As a response to poor-affinity ligands such as [11C]CHIBA, [18F]ASEM (3-(1,4-diazabicyclo[3.2.2]nonane-4-yl)-6-[18F]fluorodibenzo[b,d]thiophene-5,5-dioxide) was designed [86]. In total, the group of Gao et al. [86, 87] developed five ligands, each differing by position of the fluorine atom. Based on in vitro assays and in vivo PET and biodistribution studies, they concluded that [18F]ASEM (with the 18F in ortho position from the sulfoxide structure and away from the diazabicyclononane) showed the most promising characteristics for imaging. [18F]ASEM is produced with a typical yield of about 16 % (non-decay-corrected) and shows a specific activity of 300–1200 GBq/μmol and >99 % radiochemical purity. Care must be taken during the purification process: HPLC is required to remove the nitro precursors completely, as they also have a high affinity toward the α7 receptor. The radioligand itself is characterized by a subnanomolar affinity toward α7-nAChR (0.4 nM) and a very high selectivity compared with other nicotinergic receptors [86, 87]. In vivo, the brain distribution pattern in mice matched that of known α7-receptor expression and could be decreased significantly by SSR180771. So far, no human research has been performed with this ligand, although it appears promising for vascular research.

[18F]NS14490 and [11C]NS14492

[18F]NS14490 and [11C]NS14492, developed by the group of Brust et al. [54••, 55, 88], can be synthesized with a 70 % yield and show a good affinity toward α7-nAChR (about 2.5 nM). Sadly, however, brain uptake is rather low in mice, casting doubt about their utility for brain research.
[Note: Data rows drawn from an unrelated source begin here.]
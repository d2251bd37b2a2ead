-- ===== src/ZoneSigning/Signing.antt =====
-- `get_or_create_key` and `sign_zone` of app/dnscore/zonesigning.py.
pub mod Steps
pub mod Frame
pub mod Kept
pub mod Counts
pub mod Outcome
use nova_dns.Prelude.{
  ℕ, zero, suc, ◌+◌, Bool, true, false, ◌&&◌, Option, none, some, List, [], ◌∷◌, ◌++◌, ltb, ◌==◌,
  if◌then◌else◌, length, or_raise, type_error, err, ok, integrity_error,
}
use nova_dns.Dict
use nova_dns.Sort.{sorted}
use nova_dns.Text.{Text, text_eq, rstrip_dot, lower}
use nova_dns.Text.Order.{text_lt, text_le, tuple_lt, tuple_le}
use nova_dns.Wire.Types.{codes}
use nova_dns.Wire.Name.{Bytes}
use nova_dns.Wire.Bytes.{hex}
use nova_dns.Wire.Rdata.{Codec, text}
use nova_dns.Run.{Run, ◌>>=◌, ◌>>◌, pure, lift, read}
use nova_dns.Db.{Db, Zone, Row, KeyRow, select, select_one}
use nova_dns.Db.Statements.{zone_of, records_of, key_of, insert_record, delete_records, update_zone}
use nova_dns.Dnssec.KeyTag.{Key, generate_key, ds_digest_for_zone}
use nova_dns.Dnssec.Names.{canonical_key}
use nova_dns.Dnssec.Bitmap.{build_nsec_rdata, build_nsec3_rdata}
use nova_dns.Dnssec.Signing.{sign_rrset, or_default}
use nova_dns.ZoneSigning.{owner_fqdn}
use nova_dns.ZoneSigning.Groups.{
  Item, found_item, pair_eq, Groups, TypesByName, is_denial_type, is_dnssec_type, add_type,
  add_type_of, grouped, types_of, soa_value, ring, types_at, names_of,
}
use nova_dns.ZoneSigning.Material.{dnskey_rdata_hex, nsec3param_hex, hash_names, present, rdatas_of}

-- What signing calls of Python's libraries: the codecs, the hashes, the ECDSA signature of a key over
-- bytes, the key pair that is drawn if the zone has none, and the clock in seconds.
pub record Signer : Type 0 where
  pub codec : Codec
  pub sha1 : Bytes → Bytes
  pub sha256 : Bytes → Bytes
  pub sign : Text → Bytes → Bytes
  pub private_pem : Text
  pub pubkey_bytes : Bytes
  pub now : ℕ

pub record Summary : Type 0 where
  pub key_tag : ℕ
  pub algorithm : ℕ
  pub rrsets_signed : ℕ
  pub nsec_records : ℕ
  pub nsec3 : Bool
  pub ds_digest_sha256 : Text

-- INSERT INTO dnssec_keys, and the row that is read back
insert_key : ℕ → Key → Text → Run Db KeyRow
unfolding zone_of
insert_key zone_id key ds db =
    let row : KeyRow = record {
      id = db.next_key_id;
      zone_id = zone_id;
      algorithm = key.algorithm;
      key_tag = key.key_tag;
      flags = key.flags;
      private_key_pem = key.private_key_pem;
      public_key_hex = key.public_key_hex;
      ds_digest_sha256 = ds;
    } in
    elim (zone_of zone_id db) [
      | none ↦ (db, err integrity_error)
      | some zone ↦ (
        record db { dnssec_keys = db.dnssec_keys ++ row ∷ []; next_key_id = db.next_key_id + 1 },
        ok row,
      )
    ]

abbrev pub signed : Bool → Zone → Zone
signed nsec3 z = record z {
  dnssec_enabled = true;
  nsec3_enabled = nsec3;
  soa_serial = z.soa_serial + 1;
}

-- the argument `use_nsec3`, or the zone's own setting
abbrev pub uses_nsec3 : Zone → Option Bool → Bool
uses_nsec3 zone use_nsec3 = elim use_nsec3 [ none ↦ zone.nsec3_enabled | some b ↦ b ]

module _ (s : Signer) (zone : Zone) where
  new_key : Run Db KeyRow
  unfolding insert_key generate_key ds_digest_for_zone
  new_key = do
    key ← lift (generate_key s.sha256 s.private_pem s.pubkey_bytes 257)
    ds ← lift (ds_digest_for_zone s.sha256 s.codec.idna zone.name key.dnskey_rdata_hex)
    insert_key zone.id key ds

  key_or_new : Option KeyRow → Run Db KeyRow
  unfolding new_key
  key_or_new none = new_key
  key_or_new (some row) = pure row

  unfoldable pub get_or_create_key : Run Db KeyRow
  unfolding key_of key_or_new
  get_or_create_key = read (key_of zone.id) >>= key_or_new

  abbrev insert : Text → Text → ℕ → Text → Run Db ℕ
  insert name rtype ttl raw_hex =
      insert_record zone.id name rtype (some ttl) (("raw_hex", text raw_hex) ∷ []) none

  -- the DNSKEY record at the apex, and the old signatures and denials deleted
  publish_dnskey : Text → Run Db (Unit {0})
  unfolding delete_records insert_record text_eq is_denial_type
  publish_dnskey raw_hex = do
    delete_records (λ r. r.zone_id == zone.id && text_eq r.rtype (codes "DNSKEY"))
    id ←
        insert (codes "@") (codes "DNSKEY")
          (if ltb zone.default_ttl 3600 then 3600 else zone.default_ttl) raw_hex
    delete_records (λ r. r.zone_id == zone.id && is_denial_type r.rtype)

  -- SELECT * FROM records WHERE zone_id=? AND rtype NOT IN (…)
  plain_records : Db → List Row
  unfolding select is_dnssec_type records_of
  plain_records db =
      select (λ r. if is_dnssec_type r.rtype then false else true) (records_of zone.id db)

  dnskey_row : Db → Option Item
  unfolding select_one text_eq found_item
  dnskey_row db =
      found_item
        (select_one (λ r. r.zone_id == zone.id && text_eq r.rtype (codes "DNSKEY")) db.records)

  -- the dictionary of RRsets, with the DNSKEY record and the SOA that the zones table holds
  first_groups : Text → Db → Groups
  unfolding grouped plain_records dnskey_row soa_value Dict.put pair_eq
  first_groups zone_name db =
      Dict.put pair_eq (codes "@", codes "SOA")
        (some (record { ttl = some zone.default_ttl; data_json = soa_value zone zone_name }) ∷ [])
        (Dict.put pair_eq (codes "@", codes "DNSKEY") (dnskey_row db ∷ [])
          (grouped (plain_records db) []))

  first_types : Db → TypesByName
  unfolding types_of plain_records add_type_of
  first_types db =
      add_type_of (codes "@") (codes "SOA")
        (add_type_of (codes "@") (codes "DNSKEY") (types_of (plain_records db) []))

  -- SELECT * FROM records WHERE id=?
  row_with : ℕ → Run Db (Option Item)
  unfolding select_one found_item
  row_with id = read (λ db. found_item (select_one (λ r. r.id == id) db.records))

  -- the NSEC chain: each name in order with the next one
  publish_nsec : Text → TypesByName → List (Text × Text) → Groups → Run Db Groups
  unfolding build_nsec_rdata owner_fqdn add_type types_at insert_record row_with Dict.put hex
  publish_nsec zone_name types [] groups = pure groups
  publish_nsec zone_name types ((name, next) ∷ rest) groups = do
    rdata ← lift (
        build_nsec_rdata s.codec.idna (owner_fqdn zone_name next)
          (add_type (codes "RRSIG") (add_type (codes "NSEC") (types_at name types))))
    id ← insert name (codes "NSEC") zone.default_ttl (hex rdata)
    row ← row_with id
    publish_nsec zone_name types rest (Dict.put pair_eq (name, codes "NSEC") (row ∷ []) groups)

  -- the NSEC3 chain: each name and its hash, in the order of the hashes, with the next one
  publish_nsec3 : TypesByName → List ((Text × Text) × (Text × Text)) → Groups → Run Db Groups
  unfolding build_nsec3_rdata add_type types_at insert_record row_with Dict.put hex lower text_eq
  publish_nsec3 types [] groups = pure groups
  publish_nsec3 types (((name, hash), (next, next_hash)) ∷ rest) groups = do
    let here = add_type (codes "RRSIG") (types_at name types)
    let listed = if text_eq name (codes "@") then add_type (codes "NSEC3PARAM") here else here
    rdata ← lift (build_nsec3_rdata next_hash listed zone.nsec3_salt zone.nsec3_iterations 0)
    id ←
        insert_record zone.id (lower hash) (codes "NSEC3") (some zone.default_ttl)
          (("raw_hex", text (hex rdata)) ∷ ("covers_name", text name) ∷ []) none
    row ← row_with id
    publish_nsec3 types rest (Dict.put pair_eq (lower hash, codes "NSEC3") (row ∷ []) groups)

  -- the groups with those of the chain, and the chain's length
  nsec_chain : Text → TypesByName → Groups → Run Db (Groups × ℕ)
  unfolding publish_nsec sorted canonical_key owner_fqdn tuple_lt names_of ring
  nsec_chain zone_name types groups = do
    let key = λ (n : Text). canonical_key (owner_fqdn zone_name n)
    let names_sorted = sorted (λ a b. tuple_le (key a) (key b)) (names_of types)
    all ← publish_nsec zone_name types (ring names_sorted) groups
    pure (all, length names_sorted)

  nsec3_chain : Text → TypesByName → Groups → Run Db (Groups × ℕ)
  unfolding publish_nsec3 nsec3param_hex sorted hash_names text_lt names_of ring add_type_of
      insert_record
  nsec3_chain zone_name types groups = do
    raw_hex ← lift (nsec3param_hex zone.nsec3_salt zone.nsec3_iterations)
    id ← insert (codes "@") (codes "NSEC3PARAM") zone.default_ttl raw_hex
    let types = add_type_of (codes "@") (codes "NSEC3PARAM") types
    hashed ← lift (
        hash_names s.sha1 s.codec.idna zone_name zone.nsec3_salt zone.nsec3_iterations
          (names_of types))
    let names_by_hash = sorted (λ a b. text_le a.1 b.1) hashed
    all ← publish_nsec3 types (ring names_by_hash) groups
    pure (all, length names_by_hash)

  -- An RRSIG over what could be encoded of the set; 1 if there is one. The name of an NSEC3 record is
  -- a hash and never "@", so that its full name is made like the others.
  sign_rdatas : KeyRow → Text → Text → Text → ℕ → List Bytes → Run Db ℕ
  unfolding sign_rrset owner_fqdn insert_record
  sign_rdatas key zone_name name rtype ttl [] = pure 0
  sign_rdatas key zone_name name rtype ttl (rdata ∷ rdatas) = do
    rrsig ← lift (
        sign_rrset s.sign s.codec.idna s.now key.private_key_pem key.key_tag zone_name
          (owner_fqdn zone_name name) rtype ttl (rdata ∷ rdatas) none none)
    id ←
        insert_record zone.id name (codes "RRSIG") (some ttl)
          (("raw_hex", text rrsig.raw_hex) ∷ ("type_covered", text rtype) ∷ []) none
    pure 1

  sign_items : KeyRow → Text → Text → Text → List Item → Run Db ℕ
  unfolding sign_rdatas rdatas_of or_default
  sign_items key zone_name name rtype [] = pure 0
  sign_items key zone_name name rtype (item ∷ items) = do
    rdatas ← lift (rdatas_of s.codec rtype (item ∷ items))
    sign_rdatas key zone_name name rtype (or_default item.ttl zone.default_ttl) rdatas

  -- `count` sets are signed before
  pub sign_groups : KeyRow → Text → Groups → ℕ → Run Db ℕ
  unfolding sign_items present
  sign_groups key zone_name [] count = pure count
  sign_groups key zone_name (((name, rtype), rows) ∷ groups) count = do
    one ← sign_items key zone_name name rtype (present rows)
    sign_groups key zone_name groups (count + one)

  pub chain_for : Bool → Text → TypesByName → Groups → Run Db (Groups × ℕ)
  unfolding nsec3_chain nsec_chain
  chain_for true = nsec3_chain
  chain_for false = nsec_chain

  -- the zone is marked, and what has been done is summed up
  pub finish : Bool → KeyRow → ℕ → ℕ → Run Db Summary
  unfolding update_zone
  finish nsec3 key denial_count signed_count = do
    update_zone (signed nsec3) zone.id
    pure (record {
      key_tag = key.key_tag;
      algorithm = key.algorithm;
      rrsets_signed = signed_count;
      nsec_records = denial_count;
      nsec3 = nsec3;
      ds_digest_sha256 = key.ds_digest_sha256;
    })

  pub sign_sets : Bool → KeyRow → Text → Groups × TypesByName → Run Db Summary
  unfolding chain_for sign_groups finish
  sign_sets nsec3 key zone_name (groups, types) = do
    chain ← chain_for nsec3 zone_name types groups
    signed_count ← sign_groups key zone_name chain.0 0
    finish nsec3 key chain.1 signed_count

  pub sign_records : Bool → KeyRow → Text → Run Db Summary
  unfolding first_groups first_types sign_sets
  sign_records nsec3 key zone_name = do
    sets ← read (λ db. (first_groups zone_name db, first_types db))
    sign_sets nsec3 key zone_name sets

  pub sign_with : Bool → KeyRow → Run Db Summary
  unfolding dnskey_rdata_hex publish_dnskey sign_records rstrip_dot
  sign_with nsec3 key = do
    raw_hex ← lift (dnskey_rdata_hex key)
    publish_dnskey raw_hex
    sign_records nsec3 key (rstrip_dot zone.name)

  unfoldable pub sign_zone : Option Bool → Run Db Summary
  unfolding get_or_create_key sign_with
  sign_zone use_nsec3 = do key ← get_or_create_key; sign_with (uses_nsec3 zone use_nsec3) key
Although human data showed mediocre applicability of this ligand for brain α7-nAChR imaging, imaging of vascular α7-nAChRs has proven feasible [54••]. The mediocre α7 binding in the brain may be the result of poor BBB permeation or perhaps of efflux processes by P-glycoprotein, features less relevant when imaging in the periphery [54••, 55].

Conclusions

During the past several years, interest has been growing in the use of nAChRs for diagnosing as well as treating neurologic, oncologic, and vascular disorders. Specific imaging of neuronal and non-neuronal nAChRs therefore is crucial, and PET imaging offers a noninvasive and easily applicable methodology. Although several nAChR PET tracers are available today, most are still in preclinical evaluation or in clinical evaluation for imaging of cerebral nAChRs in the context of neurodegenerative disorders. However, initial attempts have been made to apply these tracers to the imaging of non-neuronal α7- and α4β2-nAChRs in the cardiovascular system. The results of these feasibility studies, both in humans and in the experimental setting, show great promise, so further steps toward clinical implementation of in vivo vascular nAChR PET imaging in atherosclerosis should be taken. Therefore, research is under way to further evaluate the tracers available for clinical imaging of non-neuronal nAChRs, particularly in patients with known atherosclerosis in the carotid but also in the coronary arteries, and to develop new PET tracers for different nAChRs, with the goal of proving the feasibility of nAChR PET imaging in the clinical context.